» Assignment:
Show all lines of the entries in which the word "abbrev" is found.

» Source material:
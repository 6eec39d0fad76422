-- ===== src/Ring/Slots.antt =====
-- drivers/scsi/swap/ring.h: the slot arithmetic of the ring, on its counters alone.
use scsiswap.Base.{
  ℕ, ◌+◌, ◌-◌, ◌%◌, ◌≤◌, ◌<◌, ◌≡◌, ◌≢◌, ap, ◌∙◌, sym, if◌then◌else◌, ◌==◌, ==_iff, ne→==_false,
  arith,
}
use native.Mathlib.Nat.{mod-eq_of_lt, mod-eq-sub-mod}
use native.Mathlib.Decide.{ℕ_discrete}

module _ (c m x i : ℕ) where
  slot_new : m < c → x < c → ((x + c - m) % c + m) % c ≡ x
  slot_new h k = grind arith

  -- The next place, one item more: the slots of the older items stay.
  slot_kept_room :
      m < c → x + 1 < c → ((x + 1 + c - (m + 1)) % c + i) % c ≡ ((x + c - m) % c + i) % c
  slot_kept_room h k = ap (λ t. (t % c + i) % c) (omega arith)

  slot_kept_turn : m < c → x + 1 ≡ c → ((0 + c - (m + 1)) % c + i) % c ≡ ((x + c - m) % c + i) % c
  slot_kept_turn h k = ap (λ t. (t + i) % c) (low ∙ sym high)
    where
      low : (0 + c - (m + 1)) % c ≡ x - m
      low = mod-eq_of_lt (omega arith) ∙ omega arith

      high : (x + c - m) % c ≡ x - m
      high =
          mod-eq-sub-mod {n = x + c - m} {m = c} (omega arith)
          ∙ (mod-eq_of_lt {n = x + c - m - c} {m = c} (omega arith) ∙ omega arith)

  slot_kept_full : x + 1 < c → ((x + 1 + c - c) % c + i) % c ≡ ((x + c - c) % c + (i + 1)) % c
  slot_kept_full k =
      rw
        (
          mod-eq_of_lt {n = x + 1 + c - c} {m = c} (omega arith),
          mod-eq_of_lt {n = x + c - c} {m = c} (omega arith),
        )
        (ap (λ t. t % c) (omega arith))

  slot_kept_full_turn : x + 1 ≡ c → ((0 + c - c) % c + i) % c ≡ ((x + c - c) % c + (i + 1)) % c
  slot_kept_full_turn k =
      rw
        (
          mod-eq_of_lt {n = 0 + c - c} {m = c} (omega arith),
          mod-eq_of_lt {n = x + c - c} {m = c} (omega arith),
        )
        (ap (λ t. t % c) {x = 0 + c - c + i} {y = x + c - c + (i + 1) - c} (omega arith)
          ∙ sym (mod-eq-sub-mod {n = x + c - c + (i + 1)} {m = c} (omega arith)))

  slot_other : m ≤ c → x < c → i < m → m < c → ((x + c - m) % c + i) % c ≢ x
  slot_other h k l n = grind arith

  slot_other_full : x < c → i + 1 < c → ((x + c - c) % c + (i + 1)) % c ≢ x
  slot_other_full k l = grind arith

-- `slot` on the counters, and the counters behind a push.
abbrev pub slot_of : ℕ → ℕ → ℕ → ℕ → ℕ
slot_of c m x i = ((x + c - m) % c + i) % c

abbrev pub num_after : ℕ → ℕ → ℕ
num_after c m = if m == c then m else m + 1

abbrev pub next_after : ℕ → ℕ → ℕ
next_after c x = if x + 1 == c then 0 else x + 1

wrap_once : (c x : ℕ) → x < c → ((x + c - c) % c + (c - 1 + 1)) % c ≡ x
wrap_once c x h =
    ap (λ t. (t + (c - 1 + 1)) % c) (mod-eq_of_lt {n = x + c - c} {m = c} (omega arith) ∙ start)
    ∙ (mod-eq-sub-mod {n = x + (c - 1 + 1)} {m = c} (omega arith)
        ∙ (mod-eq_of_lt {n = x + (c - 1 + 1) - c} {m = c} (omega arith) ∙ omega arith))
  where
    start : x + c - c ≡ x
    start = omega arith

pub slot_of_new :
    (c m x : ℕ) → m ≤ c → x < c → slot_of c (num_after c m) (next_after c x) (num_after c m - 1) ≡ x
slot_of_new c m x h k = elim (ℕ_discrete m c) [
  | yes full ↦ elim (ℕ_discrete (x + 1) c) [
    | yes turn ↦
        rw ((==_iff m c).1 full, (==_iff (x + 1) c).1 turn)
          (ap (λ t. slot_of c t 0 (t - 1)) full
            ∙ (slot_kept_full_turn c m x (c - 1) turn ∙ wrap_once c x k))
    | no more ↦
        rw ((==_iff m c).1 full, ne→==_false (x + 1) c more)
          (ap (λ t. slot_of c t (x + 1) (t - 1)) full
            ∙ (slot_kept_full c m x (c - 1) (omega arith) ∙ wrap_once c x k))
  ]
  | no room ↦ elim (ℕ_discrete (x + 1) c) [
    | yes turn ↦
        rw (ne→==_false m c room, (==_iff (x + 1) c).1 turn)
          (ap (slot_of c (m + 1) 0) step
            ∙ (slot_kept_turn c m x m (omega arith) turn ∙ slot_new c m x m (omega arith) k))
    | no more ↦
        rw (ne→==_false m c room, ne→==_false (x + 1) c more)
          (ap (slot_of c (m + 1) (x + 1)) step
            ∙ (slot_kept_room c m x m (omega arith) (omega arith)
                ∙ slot_new c m x m (omega arith) k))
  ]
]
  where
    step : m + 1 - 1 ≡ m
    step = omega arith

-- An older item: its slot is the one that it had, and another one than the new item's.
pub slot_of_old :
    (c m x i : ℕ)
    → m ≤ c
    → x < c
    → i + 1 < num_after c m
    → (slot_of c (num_after c m) (next_after c x) i ≡ slot_of c m x (if m == c then i + 1 else i))
      × (slot_of c m x (if m == c then i + 1 else i) ≢ x)
slot_of_old c m x i h k lt = elim (ℕ_discrete m c) [
  | yes full ↦ old_full full
  | no room ↦ old_room room
]
  where
    old_full :
        m ≡ c
        → (slot_of c (num_after c m) (next_after c x) i
            ≡ slot_of c m x (if m == c then i + 1 else i))
          × (slot_of c m x (if m == c then i + 1 else i) ≢ x)
    old_full full =
        rw ((==_iff m c).1 full, full)
          (
            elim (ℕ_discrete (x + 1) c) [
              | yes turn ↦ rw ((==_iff (x + 1) c).1 turn) (slot_kept_full_turn c m x i turn)
              | no more ↦ rw (ne→==_false (x + 1) c more) (slot_kept_full c m x i (omega arith))
            ],
            slot_other_full c m x i k (ground arith),
          )

    old_room :
        m ≢ c
        → (slot_of c (num_after c m) (next_after c x) i
            ≡ slot_of c m x (if m == c then i + 1 else i))
          × (slot_of c m x (if m == c then i + 1 else i) ≢ x)
    old_room room = rw (ne→==_false m c room) (
      elim (ℕ_discrete (x + 1) c) [
        | yes turn ↦ rw ((==_iff (x + 1) c).1 turn) (slot_kept_turn c m x i (omega arith) turn)
        | no more ↦
            rw (ne→==_false (x + 1) c more) (slot_kept_room c m x i (omega arith) (omega arith))
      ],
      slot_other c m x i h k (ground arith) (omega arith),
    )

» Final answer:
abbrev pub slot_of : ℕ → ℕ → ℕ → ℕ → ℕ
abbrev pub num_after : ℕ → ℕ → ℕ
abbrev pub next_after : ℕ → ℕ → ℕ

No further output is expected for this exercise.